652 F.3d 36, 397 U.S. App. D.C. 304, 2011 U.S. App. LEXIS 16804, 2011 WL 3517913
CourtCourt of Appeals for the D.C. Circuit
DecidedAugust 12, 2011
Docket10-5234
StatusPublished
Cited by14 cases

This text of 652 F.3d 36 (In Re Jones) is published on Counsel Stack Legal Research, covering Court of Appeals for the D.C. Circuit primary law. Counsel Stack provides free access to over 12 million legal documents including statutes, case law, regulations, and constitutions.

Bluebook
In Re Jones, 652 F.3d 36, 397 U.S. App. D.C. 304, 2011 U.S. App. LEXIS 16804, 2011 WL 3517913 (D.C. Cir. 2011).

Opinion

PER CURIAM:

The question in this case is whether a dismissal of a complaint for failure to state a claim based on Heck v. Humphrey, 512 U.S. 477, 114 S.Ct. 2364, 129 L.Ed.2d 383 (1994), counts as a “strike” under the Prison Litigation Reform Act (“PLRA”), 28 U.S.C. § 1915(g). For the following reasons, we hold that it does.

I.

Antoine Jones petitioned this court on July 14, 2010, for a writ of mandamus to compel the district court to grant him in forma pauperis status and permit him to file his civil rights damages suit pursuant to 42 U.S.C. § 1983. Jones also has moved for leave to proceed on appeal in forma pauperis. At the time of these filings, Jones was an inmate at the United States Penitentiary in Florence, Colorado. This court held in abeyance consideration of Jones’ mandamus petition and two motions for leave to appeal in forma pauper-is, pending a decision on whether the PLRA’s filing-fee requirements, 28 U.S.C. § 1915(b), apply to a petition for a writ of mandamus seeking to compel the district court to file civil pleadings. See In re Antoine Jones, No. 09-5085 (D.C.Cir. argued Oct. 10, 2010) (hereinafter, “Jones /”).

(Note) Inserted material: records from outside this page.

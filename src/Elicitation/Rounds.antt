-- ===== src/Elicitation/Rounds.antt =====
-- The two rounds of src/utils/destructive-elicitation.ts: a prompt, and the call that comes back with
-- its state.
use Prim.Native.String
use b2_mcp.Base.{String, [], inl, inr, refl, some, true, ℕ, ◌+◌, ◌∙◌, ◌∷◌, ◌≡◌, ◌≤◌}
use b2_mcp.Json.{Json, str, undefined}
use b2_mcp.DestructiveGate.Check.{
  DestructivePolicy, allow, block, confirm, elicit, get_destructive_policy,
}
use b2_mcp.Elicitation.State.{
  DestructiveElicitationState, RequestStateCodec, max_age_ms, parse-payload, payload, prefixed,
  prefixed-verify, request_state_prefix,
}
use b2_mcp.Elicitation.Client.{McpRequestExtra, mcp_request_state, missing}
use b2_mcp.Elicitation.Decide.{
  Call, Services, answer_of, ask, by_policy, codec_of, digest_of, goes_ahead, input_required,
  maybe_require_destructive_elicitation, mint_destructive_elicitation_state, presented, requested,
  resume,
}
use b2_mcp.Elicitation.Approval.{IsApproved, IsElicited, IsYes}
use b2_mcp.Elicitation.Authority.{Authorises, can_ask, goes_ahead_iff, reaches}
use b2_mcp.DestructiveGate.Detectors.{destructive_effect}

module _ (sv : Services) where
  -- What is signed for a call.
  abbrev pub state_for : Call → String → DestructiveElicitationState
  state_for k effect = record {
    tool_name = k.tool_name;
    effect = effect;
    args_digest = digest_of sv k;
    issued_at = k.now;
  }

  -- The call as it is made again.
  abbrev pub again : Call → McpRequestExtra → ℕ → Call
  again k extra now = record k { extra = extra; now = now }

  mints :
      (k : Call) (effect s : String) (codec : RequestStateCodec)
      → codec_of sv k ≡ prefixed codec
      → codec.mint (payload (state_for k effect)) ≡ some s
      → mint_destructive_elicitation_state sv k effect ≡ some (String.◌++◌ request_state_prefix s)
  unfolding prefixed
  mints k effect s codec coded minted = rw (mint_destructive_elicitation_state, coded, minted) refl

  asks :
      (k : Call) (effect s : String) (codec : RequestStateCodec)
      → codec_of sv k ≡ prefixed codec
      → mcp_request_state k.extra ≡ undefined
      → codec.mint (payload (state_for k effect)) ≡ some s
      → ask sv k effect ≡ (
        input_required (sv.message k.tool_name effect k.args) (String.◌++◌ request_state_prefix s),
        requested ∷ [],
      )
  unfolding prefixed
  asks k effect s codec coded fresh minted = rw (fresh, mints k effect s codec coded minted) refl

  by_policy-asks :
      (k : Call) (effect : String) (p : DestructivePolicy)
      → IsElicited p
      → can_ask sv k ≡ true
      → by_policy sv p k effect ≡ resume sv k effect (answer_of sv k)
  by_policy-asks k effect elicit h able = reaches sv k effect elicit able
  by_policy-asks k effect confirm h able = reaches sv k effect confirm able
  by_policy-asks k effect allow h able = absurd h
  by_policy-asks k effect block h able = absurd h

  presented_text :
      (codec : RequestStateCodec) (v : Json) (s : String) (st : DestructiveElicitationState)
      → v ≡ str s
      → codec.verify s ≡ some (payload st)
      → presented codec v ≡ some st
  presented_text codec v s st e minted = rw (e, minted) (parse-payload st)

  again-IsApproved :
      (k : Call) (effect s : String) (codec : RequestStateCodec) (extra : McpRequestExtra) (now : ℕ)
      → codec_of sv k ≡ prefixed codec
      → codec.mint (payload (state_for k effect)) ≡ some s
      → codec.verify s ≡ some (payload (state_for k effect))
      → now ≤ k.now + max_age_ms
      → mcp_request_state extra ≡ str (String.◌++◌ request_state_prefix s)
      → IsYes (answer_of sv (again k extra now))
      → IsApproved sv (again k extra now) effect
  again-IsApproved k effect s codec extra now coded minted read soon state agreed = (
    (
      state_for k effect,
      presented_text (codec_of sv k) (mcp_request_state extra) (String.◌++◌ request_state_prefix s)
          (state_for k effect) state
          (rw coded (prefixed-verify codec (payload (state_for k effect)) s minted ∙ read)),
      record { fresh = soon; same_tool = refl; same_effect = refl; same_args = refl },
    ),
    agreed,
  )

  authorises :
      (k : Call) (effect : String) (p : DestructivePolicy)
      → IsElicited p
      → can_ask sv k ≡ true
      → IsApproved sv k effect
      → Authorises sv p k effect
  authorises k effect elicit h able given = (able, given)
  authorises k effect confirm h able given = inl (able, given)
  authorises k effect allow h able given = absurd h
  authorises k effect block h able given = absurd h

  -- An approval gets through: if a human can be asked and the policy is `elicit` or `confirm`, a
  -- call without an answer gives a prompt and a state, and the same call with that state and an
  -- accepted and confirmed answer goes ahead for ten minutes, if the SDK's codec verifies what it
  -- has minted.
  pub goes_ahead-again :
      (k : Call) (effect s : String) (codec : RequestStateCodec) (extra : McpRequestExtra) (now : ℕ)
      → destructive_effect k.tool_name k.args ≡ some effect
      → IsElicited (get_destructive_policy k.config)
      → codec_of sv k ≡ prefixed codec
      → codec.mint (payload (state_for k effect)) ≡ some s
      → codec.verify s ≡ some (payload (state_for k effect))
      → can_ask sv k ≡ true
      → answer_of sv k ≡ missing
      → mcp_request_state k.extra ≡ undefined
      → can_ask sv (again k extra now) ≡ true
      → now ≤ k.now + max_age_ms
      → mcp_request_state extra ≡ str (String.◌++◌ request_state_prefix s)
      → IsYes (answer_of sv (again k extra now))
      → (maybe_require_destructive_elicitation sv k ≡ (
        input_required (sv.message k.tool_name effect k.args) (String.◌++◌ request_state_prefix s),
        requested ∷ [],
      ))
        × (goes_ahead sv (again k extra now) ≡ true)
  unfolding maybe_require_destructive_elicitation
  goes_ahead-again k effect s codec extra now found p coded minted read able none_yet fresh
        able_again soon state agreed =
      (
        rw (found, by_policy-asks k effect (get_destructive_policy k.config) p able, none_yet)
            (asks k effect s codec coded fresh minted),
        (goes_ahead_iff sv (again k extra now)).1 (
            inr (
              effect,
              found,
              authorises (again k extra now) effect (get_destructive_policy k.config) p able_again
                  (again-IsApproved k effect s codec extra now coded minted read soon state agreed),
            )),
      )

Following the court’s decision in In re Grant, 635 F.3d 1227, 1232 (D.C.Cir.2011), and issuance of an order to show cause in Jones I, the court on April 25, 2011, ordered Jones to show cause in the instant case why he should not be required to pay the appellate filing fee before this court would consider his petition and related motions. It appeared that Jones had, while incarcerated, filed at least three civil actions or appeals that had been dismissed on the grounds that they were “frivolous, malicious, or fail[ed] to state a claim upon which relief may be granted.” 28 U.S.C. § 1915(g). See Order to Show Cause, In re Antoine Jones, No. 10-5234 (D.C.Cir. Apr. 25, 2011) (hereinafter “Jones II”). The April 25, 2011 Order cited: Jones v. Delaney, 610 F.Supp.2d 46, 48 (D.D.C.2009) (dismissed under § 1915A for failure to state a claim); Jones v. Gikas, No. 071068, 2008 WL 2202264 (D.D.C. May 27, 2008) (dismissed for failure to state a claim based on Heck v. Humphrey), Jones v. Kirchner, No. 071063, 2008 WL 2202220 (D.D.C. May 27, 2008) (same); Jones v. Yanta, No. 071172, 2008 WL 2202219 (D.D.C. May 27,2008) (same).

II.

Section 1915(g) provides:

In no event shall a prisoner bring a civil action or appeal a judgment in a civil action or proceeding under this section if the prisoner has, on 3 or more prior occasions, while incarcerated or detained in any facility, brought an action or appeal in a court of the United States that was dismissed on the grounds that it is frivolous, malicious, or fails to state a claim upon which relief may be granted, unless the prisoner is under imminent danger of serious physical injury.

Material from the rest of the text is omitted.